== Exercise goal ==
The answer must be every line below that holds the word "times".

== Exercise inputs ==
BEGIN

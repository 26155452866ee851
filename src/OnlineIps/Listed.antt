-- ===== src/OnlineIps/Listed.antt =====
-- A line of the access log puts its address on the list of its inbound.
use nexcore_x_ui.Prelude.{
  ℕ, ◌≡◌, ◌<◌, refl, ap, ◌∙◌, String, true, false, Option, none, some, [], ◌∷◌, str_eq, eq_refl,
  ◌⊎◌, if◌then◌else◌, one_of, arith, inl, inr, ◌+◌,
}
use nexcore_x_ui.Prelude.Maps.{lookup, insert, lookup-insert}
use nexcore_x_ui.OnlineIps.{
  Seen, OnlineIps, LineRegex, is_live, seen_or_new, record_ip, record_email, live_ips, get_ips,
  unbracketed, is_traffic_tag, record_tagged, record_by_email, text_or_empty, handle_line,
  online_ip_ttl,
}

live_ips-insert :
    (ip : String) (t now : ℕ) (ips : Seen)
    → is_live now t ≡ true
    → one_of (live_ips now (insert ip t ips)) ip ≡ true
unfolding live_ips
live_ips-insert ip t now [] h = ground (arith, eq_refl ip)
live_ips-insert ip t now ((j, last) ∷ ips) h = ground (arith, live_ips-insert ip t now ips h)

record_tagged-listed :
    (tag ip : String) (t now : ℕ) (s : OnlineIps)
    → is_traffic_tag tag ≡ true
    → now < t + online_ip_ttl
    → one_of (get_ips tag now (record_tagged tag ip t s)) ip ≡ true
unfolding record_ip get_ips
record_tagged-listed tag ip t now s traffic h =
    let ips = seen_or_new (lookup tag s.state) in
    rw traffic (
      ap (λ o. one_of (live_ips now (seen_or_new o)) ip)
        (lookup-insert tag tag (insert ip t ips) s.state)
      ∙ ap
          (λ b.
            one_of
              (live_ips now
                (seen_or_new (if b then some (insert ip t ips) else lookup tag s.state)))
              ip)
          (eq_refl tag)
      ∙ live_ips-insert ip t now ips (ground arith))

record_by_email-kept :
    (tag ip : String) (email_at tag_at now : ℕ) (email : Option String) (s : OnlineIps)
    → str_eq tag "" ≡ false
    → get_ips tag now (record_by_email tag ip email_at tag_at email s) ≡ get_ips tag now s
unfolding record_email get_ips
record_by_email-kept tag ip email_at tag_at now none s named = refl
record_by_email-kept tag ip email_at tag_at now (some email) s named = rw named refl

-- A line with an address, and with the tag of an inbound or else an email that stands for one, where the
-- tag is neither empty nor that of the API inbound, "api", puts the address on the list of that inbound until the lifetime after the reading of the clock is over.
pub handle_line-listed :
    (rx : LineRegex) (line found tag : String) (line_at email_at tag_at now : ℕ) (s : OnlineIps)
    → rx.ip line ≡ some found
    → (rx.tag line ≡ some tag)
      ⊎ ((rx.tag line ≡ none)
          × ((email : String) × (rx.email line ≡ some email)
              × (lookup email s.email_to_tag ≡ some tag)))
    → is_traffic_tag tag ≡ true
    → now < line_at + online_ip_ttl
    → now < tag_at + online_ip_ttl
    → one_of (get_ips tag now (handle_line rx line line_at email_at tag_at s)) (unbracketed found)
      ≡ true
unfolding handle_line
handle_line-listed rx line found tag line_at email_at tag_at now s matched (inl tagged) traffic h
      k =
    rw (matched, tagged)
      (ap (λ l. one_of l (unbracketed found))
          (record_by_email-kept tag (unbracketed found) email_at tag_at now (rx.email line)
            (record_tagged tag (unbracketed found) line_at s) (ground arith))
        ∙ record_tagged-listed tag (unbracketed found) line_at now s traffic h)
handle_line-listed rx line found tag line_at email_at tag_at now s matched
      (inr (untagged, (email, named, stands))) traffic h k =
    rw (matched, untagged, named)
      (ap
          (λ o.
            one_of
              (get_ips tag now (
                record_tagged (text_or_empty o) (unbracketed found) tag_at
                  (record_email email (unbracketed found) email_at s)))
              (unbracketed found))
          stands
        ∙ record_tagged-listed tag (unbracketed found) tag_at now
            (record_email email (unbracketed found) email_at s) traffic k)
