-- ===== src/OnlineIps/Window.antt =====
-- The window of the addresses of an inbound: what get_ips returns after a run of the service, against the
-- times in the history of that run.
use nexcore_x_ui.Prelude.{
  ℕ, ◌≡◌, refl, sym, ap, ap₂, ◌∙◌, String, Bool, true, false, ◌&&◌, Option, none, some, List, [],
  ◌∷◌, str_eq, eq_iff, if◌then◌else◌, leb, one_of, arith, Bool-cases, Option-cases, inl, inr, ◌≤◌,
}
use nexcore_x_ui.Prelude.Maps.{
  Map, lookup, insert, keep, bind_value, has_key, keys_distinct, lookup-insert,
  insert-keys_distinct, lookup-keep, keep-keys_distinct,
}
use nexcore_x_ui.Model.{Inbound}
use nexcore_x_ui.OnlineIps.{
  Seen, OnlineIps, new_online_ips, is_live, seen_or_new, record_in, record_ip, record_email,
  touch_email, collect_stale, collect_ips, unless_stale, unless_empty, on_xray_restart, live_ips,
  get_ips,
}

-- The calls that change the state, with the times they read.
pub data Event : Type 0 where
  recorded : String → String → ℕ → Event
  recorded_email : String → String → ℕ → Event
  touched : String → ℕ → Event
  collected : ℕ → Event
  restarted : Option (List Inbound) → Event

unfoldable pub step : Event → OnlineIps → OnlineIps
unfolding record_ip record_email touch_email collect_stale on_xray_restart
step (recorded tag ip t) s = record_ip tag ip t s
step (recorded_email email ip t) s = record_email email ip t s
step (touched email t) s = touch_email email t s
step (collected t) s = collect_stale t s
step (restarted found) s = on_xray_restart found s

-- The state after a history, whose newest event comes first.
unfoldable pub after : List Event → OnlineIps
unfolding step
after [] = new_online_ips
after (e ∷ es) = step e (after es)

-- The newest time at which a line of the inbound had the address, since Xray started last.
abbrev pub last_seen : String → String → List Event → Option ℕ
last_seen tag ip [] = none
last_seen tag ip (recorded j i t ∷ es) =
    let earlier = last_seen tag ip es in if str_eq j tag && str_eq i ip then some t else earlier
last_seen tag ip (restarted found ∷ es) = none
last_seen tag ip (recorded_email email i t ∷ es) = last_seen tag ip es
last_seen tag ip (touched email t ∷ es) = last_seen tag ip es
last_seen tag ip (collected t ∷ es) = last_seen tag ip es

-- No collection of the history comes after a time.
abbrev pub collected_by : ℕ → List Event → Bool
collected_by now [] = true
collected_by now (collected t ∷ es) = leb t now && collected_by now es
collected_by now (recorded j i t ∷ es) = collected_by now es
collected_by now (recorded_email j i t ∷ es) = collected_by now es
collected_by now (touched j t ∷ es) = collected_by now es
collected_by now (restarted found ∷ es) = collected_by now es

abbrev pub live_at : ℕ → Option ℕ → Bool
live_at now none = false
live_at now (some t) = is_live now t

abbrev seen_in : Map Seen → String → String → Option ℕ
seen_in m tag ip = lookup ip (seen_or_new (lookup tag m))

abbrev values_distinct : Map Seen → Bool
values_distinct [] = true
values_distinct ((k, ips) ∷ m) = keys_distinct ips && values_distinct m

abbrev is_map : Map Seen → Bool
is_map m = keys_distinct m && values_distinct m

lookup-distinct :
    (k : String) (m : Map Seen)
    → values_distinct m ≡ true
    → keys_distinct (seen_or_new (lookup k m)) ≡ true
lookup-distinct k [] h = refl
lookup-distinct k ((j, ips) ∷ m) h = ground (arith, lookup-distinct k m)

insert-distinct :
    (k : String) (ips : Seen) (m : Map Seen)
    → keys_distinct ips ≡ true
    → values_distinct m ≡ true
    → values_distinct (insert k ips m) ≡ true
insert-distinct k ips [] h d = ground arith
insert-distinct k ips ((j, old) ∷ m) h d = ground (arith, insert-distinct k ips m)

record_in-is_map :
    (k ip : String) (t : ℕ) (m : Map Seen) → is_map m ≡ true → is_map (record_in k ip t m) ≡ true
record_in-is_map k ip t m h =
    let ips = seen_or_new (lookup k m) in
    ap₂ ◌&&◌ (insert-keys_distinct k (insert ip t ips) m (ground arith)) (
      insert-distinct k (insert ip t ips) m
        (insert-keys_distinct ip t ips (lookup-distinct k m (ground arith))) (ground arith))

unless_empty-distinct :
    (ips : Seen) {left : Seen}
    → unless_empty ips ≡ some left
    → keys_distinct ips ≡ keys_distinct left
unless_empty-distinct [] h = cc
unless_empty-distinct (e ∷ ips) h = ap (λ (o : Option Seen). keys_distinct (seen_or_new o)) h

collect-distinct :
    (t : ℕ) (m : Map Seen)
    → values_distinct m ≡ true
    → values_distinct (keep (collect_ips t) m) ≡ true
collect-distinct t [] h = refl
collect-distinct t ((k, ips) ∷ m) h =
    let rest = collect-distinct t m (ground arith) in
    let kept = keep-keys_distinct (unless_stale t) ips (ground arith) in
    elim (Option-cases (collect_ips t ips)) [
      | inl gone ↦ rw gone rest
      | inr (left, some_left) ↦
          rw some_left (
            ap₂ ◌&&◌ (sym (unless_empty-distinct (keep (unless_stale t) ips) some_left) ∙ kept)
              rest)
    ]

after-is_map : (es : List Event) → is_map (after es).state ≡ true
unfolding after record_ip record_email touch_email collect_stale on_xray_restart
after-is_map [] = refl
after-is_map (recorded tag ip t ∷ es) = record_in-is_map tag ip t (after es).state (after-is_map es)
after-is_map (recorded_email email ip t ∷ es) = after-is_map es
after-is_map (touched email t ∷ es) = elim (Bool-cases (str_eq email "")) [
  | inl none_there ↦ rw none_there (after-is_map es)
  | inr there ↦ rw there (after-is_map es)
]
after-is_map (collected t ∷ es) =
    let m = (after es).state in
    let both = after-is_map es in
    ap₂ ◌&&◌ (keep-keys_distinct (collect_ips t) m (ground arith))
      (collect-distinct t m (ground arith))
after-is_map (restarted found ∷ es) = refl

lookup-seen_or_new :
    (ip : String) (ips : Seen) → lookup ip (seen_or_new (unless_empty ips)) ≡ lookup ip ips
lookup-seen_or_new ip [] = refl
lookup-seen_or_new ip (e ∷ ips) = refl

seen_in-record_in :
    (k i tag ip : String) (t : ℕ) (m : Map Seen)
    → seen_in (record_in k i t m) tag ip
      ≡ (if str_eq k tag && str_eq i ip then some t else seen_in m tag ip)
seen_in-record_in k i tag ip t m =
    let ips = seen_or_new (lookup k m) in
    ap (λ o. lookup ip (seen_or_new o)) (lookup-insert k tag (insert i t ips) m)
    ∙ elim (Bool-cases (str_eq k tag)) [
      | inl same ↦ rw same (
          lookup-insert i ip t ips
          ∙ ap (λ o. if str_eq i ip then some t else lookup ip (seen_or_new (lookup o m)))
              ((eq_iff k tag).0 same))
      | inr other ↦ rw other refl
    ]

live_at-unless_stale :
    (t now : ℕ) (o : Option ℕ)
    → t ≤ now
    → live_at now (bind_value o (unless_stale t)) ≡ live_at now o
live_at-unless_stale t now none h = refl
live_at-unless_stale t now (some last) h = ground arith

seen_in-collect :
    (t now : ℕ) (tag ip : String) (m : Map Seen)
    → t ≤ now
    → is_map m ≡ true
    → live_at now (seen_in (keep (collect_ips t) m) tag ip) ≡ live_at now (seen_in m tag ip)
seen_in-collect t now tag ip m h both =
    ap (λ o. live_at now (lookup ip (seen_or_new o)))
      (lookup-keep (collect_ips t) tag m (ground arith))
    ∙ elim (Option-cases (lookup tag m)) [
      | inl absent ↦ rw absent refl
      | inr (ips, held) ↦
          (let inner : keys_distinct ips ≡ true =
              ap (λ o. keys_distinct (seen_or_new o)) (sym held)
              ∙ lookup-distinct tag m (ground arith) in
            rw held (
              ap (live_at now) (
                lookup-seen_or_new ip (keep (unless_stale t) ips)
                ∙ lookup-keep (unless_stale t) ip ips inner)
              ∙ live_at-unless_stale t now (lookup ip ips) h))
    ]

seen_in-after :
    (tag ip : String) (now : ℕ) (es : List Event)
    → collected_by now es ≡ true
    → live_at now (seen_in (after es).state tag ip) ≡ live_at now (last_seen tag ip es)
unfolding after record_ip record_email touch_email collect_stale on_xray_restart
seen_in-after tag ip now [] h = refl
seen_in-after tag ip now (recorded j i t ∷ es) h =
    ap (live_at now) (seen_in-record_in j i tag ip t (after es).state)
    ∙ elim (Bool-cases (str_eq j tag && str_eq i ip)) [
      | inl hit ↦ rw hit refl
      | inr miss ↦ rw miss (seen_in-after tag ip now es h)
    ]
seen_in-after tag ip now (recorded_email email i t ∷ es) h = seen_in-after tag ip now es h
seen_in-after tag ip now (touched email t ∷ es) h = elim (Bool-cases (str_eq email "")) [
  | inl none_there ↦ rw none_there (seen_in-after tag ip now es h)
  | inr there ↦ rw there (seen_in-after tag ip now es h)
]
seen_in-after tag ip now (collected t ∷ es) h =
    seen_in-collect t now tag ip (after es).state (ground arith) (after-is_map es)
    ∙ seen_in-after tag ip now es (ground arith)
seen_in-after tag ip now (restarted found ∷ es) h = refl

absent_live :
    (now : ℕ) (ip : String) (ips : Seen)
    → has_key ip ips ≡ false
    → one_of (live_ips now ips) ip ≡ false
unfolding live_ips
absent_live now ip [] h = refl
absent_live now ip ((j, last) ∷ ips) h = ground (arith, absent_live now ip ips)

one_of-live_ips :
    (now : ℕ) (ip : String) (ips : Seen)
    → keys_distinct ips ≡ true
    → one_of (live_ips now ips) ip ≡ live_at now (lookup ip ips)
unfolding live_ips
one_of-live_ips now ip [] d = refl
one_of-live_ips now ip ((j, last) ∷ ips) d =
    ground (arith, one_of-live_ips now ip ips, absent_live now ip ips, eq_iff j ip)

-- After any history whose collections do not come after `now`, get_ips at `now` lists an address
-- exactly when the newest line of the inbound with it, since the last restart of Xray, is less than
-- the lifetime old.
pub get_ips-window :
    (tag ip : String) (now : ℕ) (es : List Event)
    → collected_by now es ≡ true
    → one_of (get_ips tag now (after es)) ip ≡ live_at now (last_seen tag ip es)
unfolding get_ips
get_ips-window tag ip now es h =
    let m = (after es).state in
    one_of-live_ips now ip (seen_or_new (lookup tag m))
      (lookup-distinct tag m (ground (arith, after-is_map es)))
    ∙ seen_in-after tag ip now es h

END

== Reply ==
-- times in the history of that run.
-- The calls that change the state, with the times they read.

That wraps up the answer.